Interdisons le crédit revolving !

Le crédit revolving est une forme de prêt distribué par des banques, des établissements de crédits ou par des distributeurs tels que Finaref, Cofinoga (grâce à des accords avec de grandes enseignes commerciales telles qu’Auchan, La Fnac, Darty, Ikea…), permet de mettre à disposition d’un emprunteur une somme d’argent sur un compte particulier ouvert auprès de l’établissement prêteur de ce crédit, de façon permanente et dont il peut disposer à sa guise.

Cette forme de crédit, représentant 21% du marché pousse les plus précaires vers le surendettement. En effet la facilité d’obtention de ce type de crédit, dûe à l’absence de vérification de solvabilité dans 87% des cas pousse ainsi de nombreux ménages, dans un contexte de société de consommation, à en emprunter toujours plus pour consommer plus.

Les fort taux d’intérêts exigés (15 à 20%) et révisables en cours de contrat ainsi que le fait que le volume de crédit disponible se reconstitue au fur et à mesure des remboursements effectués (c’est à dire qu’il se recharge: revolving) entraîne un important risque d’insolvabilité. C’est ainsi que, selon le rapport de la commission Neiertz, on constate que 96% des dossiers de surendettement contiennent des crédits revolving qui représentent 70% des crédits non remboursés. Le client se retrouve alors pris au piège en ne remboursant plus que les intérêts d’emprunts et jamais le capital dû.

Ce n’est qu’en passant par la suppression du crédit revolving, et de la publicité sur les crédits qu’on luttera durablement contre le surendettement des ménages les plus modestes et de l’usure excessive. Cette interdiction du crédit revolving proposée à de nombreuses reprises par les socialistes a été rejetée par la ministre de l’économie Christine Lagarde fin 2008 : Elle souhaitait plutôt rendre les prêts raisonnables. La politique économique du gouvernement montre ici ses limites : on ne peut durablement relancer l’économie et la croissance quand on empêche toute progression du pouvoir d’achat et de la consommation (augmentation des salaires, du SMIC, des minimas sociaux) et lorsqu’on ne conçoit qu’une économie d’endettement qui favorise fortement les plus riches (les prêteurs) et soutient une fois de plus la rente et le capital au détriment du travail et de l’emploi. La récente crise des subprimes aux Etats-Unis condamne les crédits démentiels et illimités. Le résultat a été une crise mondiale dont les économies se relèvent à peine.

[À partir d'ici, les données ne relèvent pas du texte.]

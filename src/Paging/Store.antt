-- ===== src/Paging/Store.antt =====
-- What a run of stores to virtual addresses leaves in physical memory.
use my_linux_os.Common.{
  ℕ, zero, suc, ◌+◌, ◌-◌, ◌%◌, ◌^◌, ◌<◌, ◌≡◌, refl, ap, ◌∙◌, List, [], ◌∷◌, Option, none, some,
  false, ltb, if◌then◌else◌, ◌>>=◌, get_elem?, length, arith, Mem, store,
}
use native.Mathlib.Decide.{dec_lt, ℕ_discrete}
use my_linux_os.Paging.{Paging}
use my_linux_os.Paging.Translate.{translate}
use my_linux_os.Paging.Virtual.{store_virtual}

abbrev byte_or : Option ℕ → ℕ → ℕ
byte_or none old = old
byte_or (some b) old = b

-- Memory with the bytes from physical address `a` on.
abbrev pub written : ℕ → List ℕ → Mem → Mem
written a bytes m x = if ltb x a then m x else byte_or (get_elem? bytes (x - a)) (m x)

written-cons :
    (a b : ℕ) (bytes : List ℕ) (m : Mem) (x : ℕ)
    → written (a + 1) bytes (store m a b) x ≡ written a (b ∷ bytes) m x
written-cons a b bytes m x = elim (dec_lt x a) [
  | yes below ↦ ground arith
  | no other ↦ elim (ℕ_discrete x a) [
    | yes same ↦ rw same (ground arith)
    | no above ↦
        let one_less : x - a ≡ suc (x - (a + 1)) = omega arith in rw one_less (ground arith)
  ]
]

-- Where the tables lead the addresses from `v` on to those from `a` on, one after the other, the stores
-- all succeed and write the bytes there.
pub store_virtual-written :
    (p : Paging) (v a : ℕ) (bytes : List ℕ) (m : Mem)
    → v + length bytes < 2 ^ 32
    → ((j : ℕ) → j < length bytes → translate false p (v + j) ≡ some (a + j))
    → (m' : Mem) × (store_virtual p v bytes m ≡ some m') × ((x : ℕ) → m' x ≡ written a bytes m x)
unfolding store_virtual
store_virtual-written p v a [] m small leads = (m, refl, λ x. ground arith)
store_virtual-written p v a (b ∷ bytes) m small leads =
    let (m', run, is) =
      store_virtual-written p (v + 1) (a + 1) bytes (store m a b) (omega arith) (λ j h.
        ap (translate false p) (omega arith)
        ∙ leads (suc j) (omega arith)
        ∙ ap some (omega arith)) in
    let here : translate false p v ≡ some a =
      ap (translate false p) (omega arith) ∙ leads zero (omega arith) ∙ ap some (omega arith) in
    let next : (v + 1) % 2 ^ 32 ≡ v + 1 = omega arith in
    (m', rw (here, ◌>>=◌, next) run, λ x. is x ∙ written-cons a b bytes m x)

La gauche, en 2012, devra aller plus loin que la timide loi du 1er juillet 2010. Interdire le décrit revolving ne doit pas nous dispenser d’interroger les causes de son utilisation, qui frappe les publics les plus fragiles et pour qui ce type de crédit constitue souvent un dernier recours. Au-delà de la limitation de durée des crédits et de l’indication sur les relevés bancaires du montant restant, le taux d’usure doit baisser et de véritables prêts à la consommation aux particuliers doivent être facilités ainsi que les projets particuliers, sur tous les territoires, notamment délaissés. Si nous pouvons nous satisfaire de l’obligation de continuité de service faite aux banques, sur la sortie plus rapide du fichier des incidents de paiements, obliger les banques à clore les crédits revolving pour les personnes surendettées ne suffit pas. Au-delà d’une interdiction des publicités sur le crédit, d’un plafonnement des taux de prêts à la consommation, c’est d’une interdiction totale du crédit revolving que les Français et notamment les plus modestes ont besoin.